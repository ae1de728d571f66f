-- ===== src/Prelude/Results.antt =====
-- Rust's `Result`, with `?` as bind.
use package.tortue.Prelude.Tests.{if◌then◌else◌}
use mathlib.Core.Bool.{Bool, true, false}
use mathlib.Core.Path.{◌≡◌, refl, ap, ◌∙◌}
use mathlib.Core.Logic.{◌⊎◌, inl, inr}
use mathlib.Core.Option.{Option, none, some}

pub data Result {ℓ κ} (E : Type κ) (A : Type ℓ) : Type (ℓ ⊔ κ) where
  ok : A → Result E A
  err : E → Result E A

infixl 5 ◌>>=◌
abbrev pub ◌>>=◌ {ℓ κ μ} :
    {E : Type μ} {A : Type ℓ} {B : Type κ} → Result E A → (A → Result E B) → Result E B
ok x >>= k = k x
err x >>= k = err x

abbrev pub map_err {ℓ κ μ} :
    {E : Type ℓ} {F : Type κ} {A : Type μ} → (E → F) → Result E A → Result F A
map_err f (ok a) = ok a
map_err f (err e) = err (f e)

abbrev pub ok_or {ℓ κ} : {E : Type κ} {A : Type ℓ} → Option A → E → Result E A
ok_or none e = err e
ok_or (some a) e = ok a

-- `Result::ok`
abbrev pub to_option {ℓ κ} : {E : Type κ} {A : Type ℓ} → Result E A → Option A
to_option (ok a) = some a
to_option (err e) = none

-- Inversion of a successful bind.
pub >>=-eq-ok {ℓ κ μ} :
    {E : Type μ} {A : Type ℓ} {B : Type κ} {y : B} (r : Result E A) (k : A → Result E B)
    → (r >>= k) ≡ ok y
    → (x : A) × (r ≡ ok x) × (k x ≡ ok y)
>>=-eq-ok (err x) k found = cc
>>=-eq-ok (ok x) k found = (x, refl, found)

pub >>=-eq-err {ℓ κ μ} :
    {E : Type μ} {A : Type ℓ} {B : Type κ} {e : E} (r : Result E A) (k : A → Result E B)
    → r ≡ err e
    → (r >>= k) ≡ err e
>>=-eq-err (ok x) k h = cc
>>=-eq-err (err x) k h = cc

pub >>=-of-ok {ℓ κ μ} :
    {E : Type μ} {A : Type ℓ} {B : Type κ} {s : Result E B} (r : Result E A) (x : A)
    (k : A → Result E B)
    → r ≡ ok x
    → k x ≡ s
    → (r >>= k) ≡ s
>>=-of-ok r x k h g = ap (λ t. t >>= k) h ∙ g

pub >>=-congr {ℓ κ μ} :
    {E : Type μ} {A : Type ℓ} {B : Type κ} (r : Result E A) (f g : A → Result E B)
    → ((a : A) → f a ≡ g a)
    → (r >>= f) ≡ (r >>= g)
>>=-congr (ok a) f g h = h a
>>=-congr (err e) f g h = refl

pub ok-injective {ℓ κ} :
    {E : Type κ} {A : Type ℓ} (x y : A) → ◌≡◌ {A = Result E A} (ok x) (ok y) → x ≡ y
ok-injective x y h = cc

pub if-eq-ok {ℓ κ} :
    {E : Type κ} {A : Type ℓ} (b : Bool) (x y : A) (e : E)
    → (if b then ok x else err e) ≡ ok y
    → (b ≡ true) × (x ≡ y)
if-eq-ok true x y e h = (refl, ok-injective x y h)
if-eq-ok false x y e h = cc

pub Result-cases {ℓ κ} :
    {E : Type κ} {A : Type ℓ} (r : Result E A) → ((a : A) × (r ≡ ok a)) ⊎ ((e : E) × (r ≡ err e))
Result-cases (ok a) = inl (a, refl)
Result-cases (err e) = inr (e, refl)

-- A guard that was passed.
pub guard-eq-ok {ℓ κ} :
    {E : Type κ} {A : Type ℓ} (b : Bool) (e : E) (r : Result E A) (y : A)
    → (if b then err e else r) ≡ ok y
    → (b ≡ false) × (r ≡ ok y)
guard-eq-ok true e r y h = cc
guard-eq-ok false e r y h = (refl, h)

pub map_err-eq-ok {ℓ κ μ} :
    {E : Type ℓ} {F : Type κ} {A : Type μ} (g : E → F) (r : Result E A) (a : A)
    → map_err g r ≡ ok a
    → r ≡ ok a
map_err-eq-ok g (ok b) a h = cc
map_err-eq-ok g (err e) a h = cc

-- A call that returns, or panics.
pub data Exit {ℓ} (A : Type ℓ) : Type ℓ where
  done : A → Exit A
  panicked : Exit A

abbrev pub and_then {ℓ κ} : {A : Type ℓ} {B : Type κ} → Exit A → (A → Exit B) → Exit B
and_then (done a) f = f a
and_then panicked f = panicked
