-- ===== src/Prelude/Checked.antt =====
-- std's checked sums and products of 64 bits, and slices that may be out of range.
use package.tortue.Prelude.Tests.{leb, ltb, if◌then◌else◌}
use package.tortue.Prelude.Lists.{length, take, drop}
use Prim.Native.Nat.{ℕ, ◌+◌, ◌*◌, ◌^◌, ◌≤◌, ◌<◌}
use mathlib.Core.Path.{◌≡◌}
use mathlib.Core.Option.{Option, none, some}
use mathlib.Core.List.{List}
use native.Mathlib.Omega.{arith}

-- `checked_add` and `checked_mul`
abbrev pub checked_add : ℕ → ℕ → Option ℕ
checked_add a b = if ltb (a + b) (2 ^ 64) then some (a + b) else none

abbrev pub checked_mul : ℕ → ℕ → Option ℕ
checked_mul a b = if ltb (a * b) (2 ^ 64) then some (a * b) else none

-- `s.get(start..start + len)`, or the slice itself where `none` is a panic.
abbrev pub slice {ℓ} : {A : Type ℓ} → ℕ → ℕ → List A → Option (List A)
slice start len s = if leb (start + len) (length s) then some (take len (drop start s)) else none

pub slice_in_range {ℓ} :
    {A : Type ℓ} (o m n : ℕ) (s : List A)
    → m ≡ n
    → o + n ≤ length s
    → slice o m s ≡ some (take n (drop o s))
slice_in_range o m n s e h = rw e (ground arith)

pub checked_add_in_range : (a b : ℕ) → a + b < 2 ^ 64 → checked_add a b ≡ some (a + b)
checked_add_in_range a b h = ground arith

^^^^^^^^

Task directions => Pull every line containing "true" out of the material and copy it.

Output for this task =>
use mathlib.Core.Bool.{Bool, true, false}
    → (b ≡ true) × (x ≡ y)
if-eq-ok true x y e h = (refl, ok-injective x y h)
guard-eq-ok true e r y h = cc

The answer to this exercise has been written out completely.